Sachsen plant verschärfte Maßnahmen gegen strafunmündige Kinder bei Gewaltkriminalität

Juni 11, 2026
1 min. lesezeit

Sachsen plant, die rechtlichen Rahmenbedingungen für den Umgang mit strafunmündigen Kindern zu verschärfen. Geplant ist, auch 12- und 13-Jährige künftig stärker für Straftaten zur Verantwortung ziehen zu können. Dies geht aus einem Antrag hervor, der in der Justizministerkonferenz der Länder diskutiert wird.

Die sächsische Justizministerin Constanze Geiert (CDU) betonte, dass die Zunahme schwerer Gewalttaten durch strafunmündige Kinder ein dringendes Handeln erforderlich mache. Die Schaffung eines sogenannten Verantwortungsverfahrens für diese Kinder soll helfen, die Problematik anzugehen. Bei diesen Verfahren würden die mutmaßlich straffälligen Kinder, deren Eltern, die Staatsanwaltschaft, die Jugendgerichtshilfe und weitere Akteure einbezogen. Das Verfahren soll Anklänge an ein Strafverfahren haben, indes systematisch auf erzieherische Elemente des Jugendstrafrechts basieren.

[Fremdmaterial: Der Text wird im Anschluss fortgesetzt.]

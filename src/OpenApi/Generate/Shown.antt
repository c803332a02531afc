-- ===== src/OpenApi/Generate/Shown.antt =====
-- Which schemas `operation` shows for proto bodies and responses, and where the entries of the table
-- come from.
use grpc_composition.Common.{
  ℕ, ◌≡◌, refl, sym, ap, ◌∙◌, ◌⊎◌, inl, inr, true, List, [], ◌∷◌, Option, none, some, Text, codes,
  text_eq, text_eq_refl, Option-cases, lookup, All,
}
use mathlib.Core.Option.{some-injective, some-ne-none}
use grpc_composition.Std.Strconv.Itoa.{itoa}
use grpc_composition.Host.{Host}
use grpc_composition.Spec.{BodySpec, OperationInfo}
use grpc_composition.OpenApi.{PathItem, add_operation, add_operations}
use grpc_composition.OpenApi.Schema.{Schema, any_value}
use grpc_composition.OpenApi.Components.{pure, bind_step}
use grpc_composition.OpenApi.Components.Ensures.{Ensures, Ensures-pure, Ensures-bind}
use grpc_composition.OpenApi.Protos.{Protoreflect, proto_schema}
use grpc_composition.OpenApi.Protos.Shapes.{ref_shape, message_shape, message_ref-shape}
use grpc_composition.OpenApi.Dtos.{Reflection, dto_schema}
use grpc_composition.OpenApi.Dtos.Origins.{Whatever, dto_schema-origin}
use grpc_composition.OpenApi.Generate.{
  Content, RequestBody, Response, Operation, json_content, body_schema, response_schema,
  request_body, responses, operation, generate_from,
}
use grpc_composition.OpenApi.Generate.Matches.{Generated}

-- The schema of the JSON content of a body and of the response for a status.
abbrev pub json_schema : Content → Option Schema
json_schema content = elim (lookup (codes "application/json") content) [
  | none ↦ none
  | some media ↦ some media.media_schema
]

abbrev pub schema_of_body : Operation → Option Schema
schema_of_body o = elim o.request_body [ none ↦ none | some b ↦ json_schema b.content ]

abbrev pub schema_of_response : ℕ → Operation → Option Schema
schema_of_response status o = elim (lookup (itoa status) o.responses) [
  | none ↦ none
  | some answer ↦ json_schema answer.content
]

module _ {H : Host} (R : Protoreflect H) (T : Reflection H) (opts : H.MarshalOptions) where
  -- A message and its schema, or the text of a Go type and any schema.
  abbrev pub Made : Text → Schema → Type 0
  Made name s =
      ((md : R.MessageDescriptor) × (name ≡ R.full_name md) × (s ≡ message_shape R opts md))
      ⊎ ((t : H.GoType) × (name ≡ T.type_text t))

  -- An operation shows the messages of its route.
  pub record Shows (info : OperationInfo H) (o : Operation) : Type 0 where
    pub body_shown :
        (body : BodySpec H) (m : H.Message)
        → info.body ≡ some body
        → body.proto ≡ some m
        → schema_of_body o ≡ some (ref_shape R opts (R.descriptor m))
    pub response_shown :
        (m : H.Message)
        → info.response_dto ≡ none
        → info.response_proto ≡ some m
        → schema_of_response info.success_status o ≡ some (ref_shape R opts (R.descriptor m))

  module _ (fuel : ℕ) where
    proto_schema-shown :
        (m : H.Message)
        → Ensures Made (λ s. s ≡ ref_shape R opts (R.descriptor m)) (proto_schema R opts fuel m)
    unfolding proto_schema
    proto_schema-shown m =
        message_ref-shape R opts Made (λ md. inl (md, refl, refl)) fuel (R.descriptor m)

    dto_schema-shown : (t : H.GoType) → Ensures Made Whatever (dto_schema T fuel t)
    dto_schema-shown t = dto_schema-origin T Made (λ t s. inr (t, refl)) fuel t

    ShowsBody : BodySpec H → Schema → Type 0
    ShowsBody body s = (m : H.Message) → body.proto ≡ some m → s ≡ ref_shape R opts (R.descriptor m)

    ShowsResponse : OperationInfo H → Schema → Type 0
    ShowsResponse info s =
        (m : H.Message)
        → info.response_dto ≡ none
        → info.response_proto ≡ some m
        → s ≡ ref_shape R opts (R.descriptor m)

    body_schema-shown :
        (body : BodySpec H) → Ensures Made (ShowsBody body) (body_schema R T fuel body opts)
    unfolding body_schema ShowsBody
    body_schema-shown body = elim (Option-cases body.proto) [
      | inr (m, e) ↦ record {
        ensured = λ st r ran.
            let (grows, is) = (proto_schema-shown m).ensured st r (rw (body_schema, e) at ran) in
            (
              grows,
              λ m' e'.
                  is
                  ∙ ap (λ m. ref_shape R opts (R.descriptor m)) (some-injective m m' (sym e ∙ e')),
            );
      }
      | inl e ↦ elim (Option-cases body.dto) [
        | inr (t, d) ↦ record {
          ensured = λ st r ran. (
            ((dto_schema-shown t).ensured st r (rw (body_schema, e, d) at ran)).0,
            λ m e'. absurd (some-ne-none m (sym e' ∙ e)),
          );
        }
        | inl d ↦ record {
          ensured = λ st r ran. (
            ((Ensures-pure Made {Q = Whatever} any_value tt).ensured st r
                (rw (body_schema, e, d) at ran)).0,
            λ m e'. absurd (some-ne-none m (sym e' ∙ e)),
          );
        }
      ]
    ]

    response_schema-shown :
        (info : OperationInfo H)
        → info.marshal ≡ opts
        → Ensures Made (ShowsResponse info) (response_schema R T fuel info)
    unfolding response_schema ShowsResponse
    response_schema-shown info plain = elim (Option-cases info.response_dto) [
      | inr (t, e) ↦ record {
        ensured = λ st r ran. (
          ((dto_schema-shown t).ensured st r (rw (response_schema, e) at ran)).0,
          λ m none_dto e'. absurd (some-ne-none t (sym e ∙ none_dto)),
        );
      }
      | inl e ↦ elim (Option-cases info.response_proto) [
        | inr (m, d) ↦ record {
          ensured = λ st r ran.
              let (grows, is) =
                (proto_schema-shown m).ensured st r (rw (response_schema, e, d, plain) at ran) in
              (
                grows,
                λ m' _ e'.
                    is
                    ∙ ap (λ m. ref_shape R opts (R.descriptor m))
                        (some-injective m m' (sym d ∙ e')),
              );
        }
        | inl d ↦ record {
          ensured = λ st r ran. (
            ((Ensures-pure Made {Q = Whatever} any_value tt).ensured st r
                (rw (response_schema, e, d) at ran)).0,
            λ m _ e'. absurd (some-ne-none m (sym e' ∙ d)),
          );
        }
      ]
    ]

    BodyShown : OperationInfo H → Option RequestBody → Type 0
    BodyShown info shown =
        (body : BodySpec H) (m : H.Message)
        → info.body ≡ some body
        → body.proto ≡ some m
        → elim shown [ none ↦ none | some b ↦ json_schema b.content ]
          ≡ some (ref_shape R opts (R.descriptor m))

    ResponsesShown : OperationInfo H → List (Text × Response) → Type 0
    ResponsesShown info answers =
        (m : H.Message)
        → info.response_dto ≡ none
        → info.response_proto ≡ some m
        → elim (lookup (itoa info.success_status) answers) [
          | none ↦ none
          | some answer ↦ json_schema answer.content
        ]
          ≡ some (ref_shape R opts (R.descriptor m))

    json_schema-json_content : (s : Schema) → json_schema (json_content s) ≡ some s
    unfolding lookup text_eq
    json_schema-json_content s = refl

    request_body-shown :
        (info : OperationInfo H)
        → info.marshal ≡ opts
        → Ensures Made (BodyShown info) (request_body R T fuel info)
    unfolding request_body BodyShown ShowsBody
    request_body-shown info plain = elim (Option-cases info.body) [
      | inl e ↦ record {
        ensured = λ st r ran. (
          ((Ensures-pure Made {Q = Whatever} none tt).ensured st r (rw (request_body, e) at ran)).0,
          λ body m e' _. absurd (some-ne-none body (sym e' ∙ e)),
        );
      }
      | inr (body, e) ↦
          let found : Ensures Made
              (λ (shown : Option RequestBody).
                (m : H.Message)
                → body.proto ≡ some m
                → elim shown [ none ↦ none | some b ↦ json_schema b.content ]
                  ≡ some (ref_shape R opts (R.descriptor m)))
              (bind_step (body_schema R T fuel body opts)
                (λ s. pure (some (record { required = true; content = json_content s })))) =
            Ensures-bind Made (body_schema R T fuel body opts) _ (body_schema-shown body) (λ s is.
              Ensures-pure Made _ (λ m e'. json_schema-json_content s ∙ ap some (is m e'))) in
          record {
            ensured = λ st r ran.
                let (grows, shown) = found.ensured st r (rw (request_body, e, plain) at ran) in
                (
                  grows,
                  λ body' m e' proto. shown m (rw (some-injective body body' (sym e ∙ e')) proto),
                );
          }
    ]

    responses-shown :
        (info : OperationInfo H)
        → info.marshal ≡ opts
        → Ensures Made (ResponsesShown info) (responses R T fuel info)
    unfolding responses ResponsesShown ShowsResponse lookup
    responses-shown info plain =
        Ensures-bind Made (response_schema R T fuel info) _ (response_schema-shown info plain)
          (λ s is.
            Ensures-bind Made (dto_schema T fuel T.problem_details) _
              (dto_schema-shown T.problem_details)
              (λ p _. Ensures-pure Made _ (λ m no_dto e.
                rw (text_eq_refl) (json_schema-json_content s ∙ ap some (is m no_dto e)))))

    operation-shown :
        (info : OperationInfo H)
        → info.marshal ≡ opts
        → Ensures Made (Shows info) (operation R T fuel info)
    unfolding operation BodyShown ResponsesShown
    operation-shown info plain =
        Ensures-bind Made (request_body R T fuel info) _ (request_body-shown info plain) (λ body b.
          Ensures-bind Made (responses R T fuel info) _ (responses-shown info plain)
            (λ answers a. Ensures-pure Made _ (record { body_shown = b; response_shown = a })))

    pub generate_from-shown :
        (ops : List (OperationInfo H)) (paths : List (Text × PathItem Operation))
        → All (λ (info : OperationInfo H). info.marshal ≡ opts) ops
        → Ensures Made
            (λ paths'.
              (gen : List (Text × Text × Operation)) × (paths' ≡ add_operations paths gen)
              × Generated Shows ops gen)
            (generate_from R T fuel ops paths)
    unfolding generate_from add_operations
    generate_from-shown [] paths plain = Ensures-pure Made paths ([], refl, tt)
    generate_from-shown (op ∷ ops) paths plain =
        Ensures-bind Made (operation R T fuel op) _ (operation-shown op plain.0) (λ o shows.
          let rest =
            generate_from-shown ops (add_operation paths op.pattern_text op.method o) plain.1 in
          record {
            ensured = λ st r e.
                let (grows, (gen, same, all)) = rest.ensured st r e in
                (grows, ((op.pattern_text, op.method, o) ∷ gen, same, (refl, refl, shows, all)));
          })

In einer dazugehörigen Beschlussvorlage wird die bisherige Untätigkeit im Angesicht des Anstiegs von Gewaltkriminalität unter Kindern kritisiert. Die Justizministerin wird dazu aufgefordert, die Eignung aktueller Maßnahmen zu prüfen und gegebenenfalls ergänzende Handlungsmöglichkeiten aufzuzeigen.

Das Deutsche Kinderhilfswerk hat den Vorstoß zurückgewiesen. Präsidentin Anne Lütkes äußerte sich kritisch zur Absenkung der Strafmündigkeitsgrenze und betonte, dass der Entwicklungsstand von Kindern unter 14 Jahren gegen eine Herabsenkung spreche. Das aktuelle Recht ermögliche bereits Interventionen durch Jugendämter und Familiengerichte, um Kinder zu schützen.

Lütkes warnte vor einer Gefährdung der Kinder durch beschleunigte strafrechtliche Verfahren und plädierte stattdessen für eine verstärkte Investition in die Dienstleistungen der Kinder- und Jugendhilfe sowie der Justiz, um auf die Probleme präventiv reagieren zu können.